I've been looking into whether or not I've improved as a programmer by dusting off an old shell program I wrote for a college course and seeing if I can make it any better. The exercise has been eye-opening so far. I really have come a long way on my programmer's journey, with much longer to go, I'm sure. To quickly recap, all of the refactorings I'm doing are going up on my GitHub repo so you can follow along with the changes, and I identified these general issues with the code:
  • It doesn't compile
  • Minimal tests
  • Inconsistent indenting and formatting
  • One long function in main()
  • Poor structure and organization
  • Major memory management issues
In the first article, I tackled the first three items, so I now have the last three—breaking up main(), giving the program better structure, and improving memory management—to address before I'll be happy with the revision. Let's jump right in, shall we?

Argument Processing


When I wrote this program, the first thing I did in main() was declare a bunch of variables:
  // variable initialization
  struct command_t *command; // Holds parsed command
  char *commandLine;         // Holds command before being parsed
  char *shellPath;           // Holds SHELLPATH environment variable
  char *commandPath[1024];   // Holds the tokenized paths
  char *tempCmd;             // Holds a path to be cat with command and exec'd
  int LENGTH = 513;          // Maximum length of command
  FILE *inputSrc = stdin;    // Changes to batch file name in batch mode
  char *checkEOF;            // Set to NULL if Ctrl-D is pressed
  int error = -1;            // Used to find valid path to command
  bool echoLine = 0;         // If in batch mode and VERBOSE is set, echoLine=1
  bool execute = 1; // Set to false if command should no longer be executed
  static bool TRUE = 1;
  static char PROMPT[] = "koblensk> "; // Prompt to appear for user
This used to be a common way of writing C programs because C used to require that all local variables be declared at the beginning of a function. The problem with this structure is that most of these variable declarations are nowhere near where they are used, so even though they are well-commented, that doesn't help when you're looking at a variable that's used way down in a long function where the explanation isn't anywhere nearby. I compounded this problem by having a large number of long-lived variables in one long function. As we work through the rest of main() extracting functions, we'll pull these declarations down to their first use, and many of them will likely end up in the extracted functions. It will be much better in the end, but we're not going to do it all at once. It's easier to take care of the variables as we go along.

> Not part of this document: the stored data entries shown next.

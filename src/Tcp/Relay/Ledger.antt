-- ===== src/Tcp/Relay/Ledger.antt =====
-- What is relied on of `recv` and `send` for the loops of src/event/tcp.rs.
use tiny_port_mapper_rust.Common.Int.{pos, negsuc}
use tiny_port_mapper_rust.FdManager.{RawFd}
use tiny_port_mapper_rust.Kernel.{Kernel}
use tiny_port_mapper_rust.Common.{
  length, take, ℕ, zero, suc, ◌≤◌, ◌≡◌, refl, ap, List, [], ◌∷◌, ◌++◌, arith,
}

pub take-append_self {ℓ} :
    {A : Type ℓ} (xs ys : List A) (n : ℕ) → length xs ≡ n → take n (xs ++ ys) ≡ xs
take-append_self [] ys zero e = refl
take-append_self [] ys (suc n) e = absurd (omega arith)
take-append_self (x ∷ xs) ys zero e = absurd (omega arith)
take-append_self (x ∷ xs) ys (suc n) e = ap (◌∷◌ x) (take-append_self xs ys n (omega arith))

pub take-length {ℓ} : {A : Type ℓ} (xs : List A) → take (length xs) xs ≡ xs
take-length [] = refl
take-length (x ∷ xs) = ap (◌∷◌ x) (take-length xs)

-- The documented meaning of `recv` and `send` on a stream: `recv` hands over at most as many bytes
-- as asked, in order; `send` accepts a first part of what it is given; a failed call moves nothing.
pub record Ledger (k : Kernel) (my_fd other_fd : RawFd) : Type 0 where
  pub taken : k.State → List ℕ
  pub accepted : k.State → List ℕ
  pub recv_some :
      (s : k.State) (len n : ℕ)
      → (k.recv s my_fd len).1 ≡ pos n
      → (length (k.recv s my_fd len).2 ≡ n)
        × (taken (k.recv s my_fd len).0 ≡ taken s ++ (k.recv s my_fd len).2)
  pub recv_none :
      (s : k.State) (len n : ℕ)
      → (k.recv s my_fd len).1 ≡ negsuc n
      → taken (k.recv s my_fd len).0 ≡ taken s
  pub recv_accepted : (s : k.State) (len : ℕ) → accepted (k.recv s my_fd len).0 ≡ accepted s
  pub send_some :
      (s : k.State) (bytes : List ℕ) (n : ℕ)
      → (k.send s other_fd bytes).1 ≡ pos n
      → (n ≤ length bytes) × (accepted (k.send s other_fd bytes).0 ≡ accepted s ++ take n bytes)
  pub send_none :
      (s : k.State) (bytes : List ℕ) (n : ℕ)
      → (k.send s other_fd bytes).1 ≡ negsuc n
      → accepted (k.send s other_fd bytes).0 ≡ accepted s
  pub send_taken : (s : k.State) (bytes : List ℕ) → taken (k.send s other_fd bytes).0 ≡ taken s

-- The other socket has room: `send` takes all that it is given.
abbrev pub SendsAll : (k : Kernel) → RawFd → Type 0
SendsAll k other_fd =
    (s : k.State) (bytes : List ℕ) → (k.send s other_fd bytes).1 ≡ pos (length bytes)
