-- ===== src/Tcp/Relay/Stream.antt =====
-- What the loops of `on_read` of src/event/tcp.rs do to the stream of bytes, against a ledger of
-- what was taken from one socket and what the other one accepted.
use tiny_port_mapper_rust.Common.Int.{ℤ, pos, negsuc}
use tiny_port_mapper_rust.FdManager.{RawFd}
use tiny_port_mapper_rust.Kernel.{Kernel}
use tiny_port_mapper_rust.Tcp.Relay.{
  Relay, Round, next, leave, closing, bad, do_recv, forward, receive_local, local_round, relay,
  fill,
}
use tiny_port_mapper_rust.World.{stuck}
use tiny_port_mapper_rust.Common.{
  ltb, leb, Bool-cases, length, take, drop, length-append, ℕ, zero, suc, ◌<◌, ◌≡◌, refl, sym, ap,
  ◌∙◌, subst, ◌⊎◌, inl, inr, true, false, List, [], ◌∷◌, ◌++◌, append_assoc, append-nil, arith,
}
use tiny_port_mapper_rust.Tcp.Relay.Ledger.{take-append_self, take-length, Ledger, SendsAll}

module _ (k : Kernel) (my_fd other_fd : RawFd) (l : Ledger k my_fd other_fd) where
  -- The same bytes left one socket and entered the other, and nothing is left in the buffer.
  abbrev pub Moved : Relay k → Relay k → Type 0
  Moved r r' =
      (bytes : List ℕ) × (l.taken r'.os ≡ l.taken r.os ++ bytes)
      × (l.accepted r'.os ≡ l.accepted r.os ++ bytes)
      × (r'.remote.data_len ≡ 0)

  abbrev pub Carries : Relay k → Round k → Type 0
  Carries r (next r') = Moved r r'
  Carries r (leave r') = Moved r r'
  Carries r (closing r') = Moved r r'
  Carries r (bad e) = e ≡ stuck

  abbrev pub got : Relay k → List ℕ
  got r = (k.recv r.os my_fd (length r.remote.buffer)).2

  -- The state after `recv` into the buffer of `r`.
  abbrev pub received : Relay k → Relay k
  received r =
      let (os', _, bytes) = k.recv r.os my_fd (length r.remote.buffer) in
      record r { os = os'; remote = fill k r.remote bytes }

  -- What `forward` is given to send, and the state after it.
  abbrev pub front : Relay k → ℕ → List ℕ
  front r n = take n (received r).remote.buffer

  abbrev pub after : Relay k → ℕ → k.State
  after r n = (k.send (received r).os other_fd (front r n)).0

  module _ (r : Relay k) (n : ℕ) (e : (k.recv r.os my_fd (length r.remote.buffer)).1 ≡ pos n) where
    pub front-got : front r n ≡ got r
    front-got =
        take-append_self (got r) (drop (length (got r)) r.remote.buffer) n
          (l.recv_some r.os (length r.remote.buffer) n e).0

    pub front_fits : leb n (length (received r).remote.buffer) ≡ true
    front_fits = ground (
      arith,
      l.recv_some r.os (length r.remote.buffer) n e,
      length-append (got r) (drop (length (got r)) r.remote.buffer),
    )

    pub taken-after : l.taken (after r n) ≡ l.taken r.os ++ got r
    taken-after =
        l.send_taken (received r).os (front r n) ∙ (l.recv_some r.os (length r.remote.buffer) n e).1

    pub accepted-after :
        (m : ℕ)
        → (k.send (received r).os other_fd (front r n)).1 ≡ pos m
        → l.accepted (after r n) ≡ l.accepted r.os ++ take m (got r)
    accepted-after m f =
        (l.send_some (received r).os (front r n) m f).1
        ∙ ap (λ a. a ++ take m (front r n)) (l.recv_accepted r.os (length r.remote.buffer))
        ∙ ap (λ p. l.accepted r.os ++ take m p) front-got

    accepted_whole : SendsAll k other_fd → l.accepted (after r n) ≡ l.accepted r.os ++ got r
    accepted_whole whole =
        accepted-after (length (front r n)) (whole (received r).os (front r n))
        ∙ ap (λ p. l.accepted r.os ++ take (length p) (got r)) front-got
        ∙ ap (◌++◌ (l.accepted r.os)) (take-length (got r))

    forward-Carries : SendsAll k other_fd → Carries r (forward k other_fd n (received r))
    unfolding forward
    forward-Carries whole =
        let fits = front_fits in
        let sent = whole (received r).os (front r n) in
        let t = taken-after in
        let a = accepted_whole whole in
        elim (Bool-cases (ltb 0 (length (front r n)))) [
          | inl some_sent ↦ rw (fits, sent, some_sent) (got r, t, a, refl)
          | inr none_sent ↦ rw (fits, sent, none_sent) (got r, t, a, refl)
        ]

  Moved-none :
      (r r' : Relay k)
      → l.taken r'.os ≡ l.taken r.os
      → l.accepted r'.os ≡ l.accepted r.os
      → r'.remote.data_len ≡ 0
      → Moved r r'
  Moved-none r r' t a d =
      ([], t ∙ sym (append-nil (l.taken r.os)), a ∙ sym (append-nil (l.accepted r.os)), d)

  nil_of_length : {A : Type 0} (xs : List A) → length xs ≡ 0 → xs ≡ []
  nil_of_length [] e = refl
  nil_of_length (x ∷ xs) e = absurd (omega arith)

  -- `recv` failed, or the peer has closed its end.
  unmoved :
      (r : Relay k) (z : ℤ)
      → r.remote.data_len ≡ 0
      → (k.recv r.os my_fd (length r.remote.buffer)).1 ≡ z
      → (z ≡ pos 0) ⊎ ((n : ℕ) × (z ≡ negsuc n))
      → l.taken (k.recv r.os my_fd (length r.remote.buffer)).0 ≡ l.taken r.os
  unmoved r z empty e (inr (n, f)) = l.recv_none r.os (length r.remote.buffer) n (e ∙ f)
  unmoved r z empty e (inl f) =
      let (long, at) = l.recv_some r.os (length r.remote.buffer) 0 (e ∙ f) in
      at ∙ ap (◌++◌ (l.taken r.os)) (nil_of_length (got r) long) ∙ append-nil (l.taken r.os)

  -- The state after a `recv` that handed over nothing.
  abbrev quiet : Relay k → Relay k
  quiet r = record r { os = (k.recv r.os my_fd (length r.remote.buffer)).0 }

  module _ (r : Relay k) where
    abbrev result : ℤ
    result = (k.recv r.os my_fd (length r.remote.buffer)).1

    -- Where nothing was handed over, the round is left or the connection is closed.
    receive_stops :
        (z : ℤ)
        → result ≡ z
        → (z ≡ pos 0) ⊎ ((n : ℕ) × (z ≡ negsuc n))
        → (receive_local k false my_fd other_fd r ≡ leave (quiet r))
          ⊎ (receive_local k false my_fd other_fd r ≡ closing (quiet r))
    unfolding receive_local do_recv
    receive_stops z e (inl f) = elim (Bool-cases (k.would_block (quiet r).os)) [
      | inl b ↦ inl (ground arith)
      | inr b ↦ inr (ground arith)
    ]
    receive_stops z e (inr (n, f)) = elim (Bool-cases (k.would_block (quiet r).os)) [
      | inl b ↦ inl (ground arith)
      | inr b ↦ inr (ground arith)
    ]

    pub receive_goes :
        (n : ℕ)
        → result ≡ pos n
        → 0 < n
        → receive_local k false my_fd other_fd r ≡ forward k other_fd n (received r)
    unfolding receive_local do_recv
    receive_goes n e some_got = ground arith

    pub local_round_empty :
        r.remote.data_len ≡ 0
        → local_round k false my_fd other_fd r ≡ receive_local k false my_fd other_fd r
    unfolding local_round
    local_round_empty empty = ground arith

    stops-Carries :
        (z : ℤ)
        → r.remote.data_len ≡ 0
        → result ≡ z
        → (z ≡ pos 0) ⊎ ((n : ℕ) × (z ≡ negsuc n))
        → Carries r (receive_local k false my_fd other_fd r)
    stops-Carries z empty e what =
        let m =
          Moved-none r (quiet r) (unmoved r z empty e what)
            (l.recv_accepted r.os (length r.remote.buffer)) empty in
        elim (receive_stops z e what) [
          | inl f ↦ subst (Carries r) (sym f) m
          | inr f ↦ subst (Carries r) (sym f) m
        ]

    receive_by :
        (z : ℤ)
        → SendsAll k other_fd
        → r.remote.data_len ≡ 0
        → result ≡ z
        → Carries r (receive_local k false my_fd other_fd r)
    receive_by (negsuc n) whole empty e = stops-Carries (negsuc n) empty e (inr (n, refl))
    receive_by (pos zero) whole empty e = stops-Carries (pos 0) empty e (inl refl)
    receive_by (pos (suc n)) whole empty e =
        subst (Carries r) (sym (receive_goes (suc n) e (omega arith)))
          (forward-Carries r (suc n) e whole)

    local_round-Carries :
        SendsAll k other_fd
        → r.remote.data_len ≡ 0
        → Carries r (local_round k false my_fd other_fd r)
    local_round-Carries whole empty =
        subst (Carries r) (sym (local_round_empty empty)) (receive_by _ whole empty refl)

  Moved-trans : (r s t : Relay k) → Moved r s → Moved s t → Moved r t
  Moved-trans r s t (xs, t₁, a₁, _) (ys, t₂, a₂, d) = (
    xs ++ ys,
    t₂ ∙ ap (λ x. x ++ ys) t₁ ∙ append_assoc (l.taken r.os) xs ys,
    a₂ ∙ ap (λ x. x ++ ys) a₁ ∙ append_assoc (l.accepted r.os) xs ys,
    d,
  )

  Carries-trans : (r s : Relay k) (x : Round k) → Moved r s → Carries s x → Carries r x
  Carries-trans r s (next t) m c = Moved-trans r s t m c
  Carries-trans r s (leave t) m c = Moved-trans r s t m c
  Carries-trans r s (closing t) m c = Moved-trans r s t m c
  Carries-trans r s (bad e) m c = c

  -- While the other socket takes all that it is given, and with nothing in the buffer at the
  -- start, the loop of an established connection passes on exactly what it took, in order, and
  -- leaves nothing in the buffer, however it ends, and reads nothing outside the buffer. (It may
  -- still run out of fuel; `relay_local-ne-stuck` says when not.)
  pub relay-Carries :
      (fuel : ℕ) (r : Relay k)
      → SendsAll k other_fd
      → r.remote.data_len ≡ 0
      → Carries r (relay k fuel (local_round k false my_fd other_fd) r)
  unfolding relay
  relay-Carries zero r whole empty = refl
  relay-Carries (suc fuel) r whole empty =
      go (local_round k false my_fd other_fd r) refl (local_round-Carries r whole empty)
        (λ r' d. relay-Carries fuel r' whole d)
    where
      go :
          (x : Round k)
          → local_round k false my_fd other_fd r ≡ x
          → Carries r x
          → ((r' : Relay k)
              → r'.remote.data_len ≡ 0
              → Carries r' (relay k fuel (local_round k false my_fd other_fd) r'))
          → Carries r (relay k (suc fuel) (local_round k false my_fd other_fd) r)
      go (next r') e c rec =
          rw (e, relay)
            (Carries-trans r r' (relay k fuel (local_round k false my_fd other_fd) r') c
              (rec r' c.3))
      go (leave r') e c rec = rw (e, relay) c
      go (closing r') e c rec = rw (e, relay) c
      go (bad f) e c rec = rw (e, relay) c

After these declarations, we have a comment that marks the following section as initialization, and another comment that describes the immediately following block as processing the program's arguments:
  // Shell Initialization

  // Checks whether to run in batch mode and echo commands
  if (argc == 1) {

  } else if (argc == 2) {
    inputSrc = fopen(argv[1], "r");
    if (inputSrc == NULL) {
      puts("\nFile not found.");
      puts("Check your file name and path.\n");
      exit(0);
    } // if
    if (getenv("VERBOSE") != NULL) {
      echoLine = 1;
    } // if

  } else {
    puts("\nToo many arguments for shell command.");
    puts("To run in batch mode use: shell .\n");
    exit(0);
  } // if - else if - else
A few things could be improved here. First, the comments are definitely calling out for some function definitions. Whenever you see comments describing sections of code, there's a good chance that functions can be extracted from that code to make it more understandable. We'll get to that soon. Second, the comments at the end of the if and else blocks are totally unnecessary. These are small if-else statements, and the comments just add line noise without adding any value. If an if block is so long that it would require these types of comments to sort it out, then it should be refactored to make it shorter. Last, this code isn't doing one thing; it's doing two things. One thing is obviously setting the mode of the shell based on the number of arguments, but then it's also checking for a VERBOSE environment variable to set a flag that marks whether the shell should echo input commands or not. This variable echoLine is only used once, and it would be much better served as a function, so let's extract it:
bool echo_command_from(const FILE *input_src) {
  if (input_src != stdin && getenv("VERBOSE") != NULL) {
    return true;
  }
}
Then, when we replace the usage with the new function:
    if (echo_command_from(inputSrc)) {
      printf("%s\n", commandLine);
    } // if
It looks like we can pull the print statement into the function and make the function perform the task of echoing commands instead of only checking if it should:
void echo_command_from(const FILE *input_src, const char *command_line) {
  if (input_src != stdin && getenv("VERBOSE") != NULL) {
    printf("%s\n", command_line);
  }
}
That simplifies the call site to this:
    echo_command_from(inputSrc, commandLine);
So, we've eliminated a variable and simplified some code. Let's keep going with the rest of the argument count checking. We can pull the whole if-else statement into a function like this:
FILE *get_input_source(int argc, const char *argv[]) {
  if (argc == 1) {
    return stdin;
  } else if (argc == 2) {
    FILE *input_src = fopen(argv[1], "r");
    if (input_src == NULL) {
      puts("\nFile not found.");
      puts("Check your file name and path.\n");
      exit(EXIT_FAILURE);
    }
    return input_src;
  } else {
    puts("\nToo many arguments for shell command.");
    puts("To run in batch mode use: shell .\n");
    exit(EXIT_FAILURE);
  }
}
Then the input_src variable can be assigned directly from this function:
  FILE *input_src = get_input_source(argc, argv);
Notice how I'm methodically changing camelCase names to snake_case? I find them easier to read because the '_' acts as a space. Since this is a small, self-contained program, I'm going all out on the refactorings and changing variable names with impunity. I also changed the arguments for exit() to be the proper named values instead of literals to make it more readable. The rest of the function seems fine the way it is. Using an else-if chain is probably unnecessary since each block either returns or exits, but I don't have a real preference here and the result is equivalent.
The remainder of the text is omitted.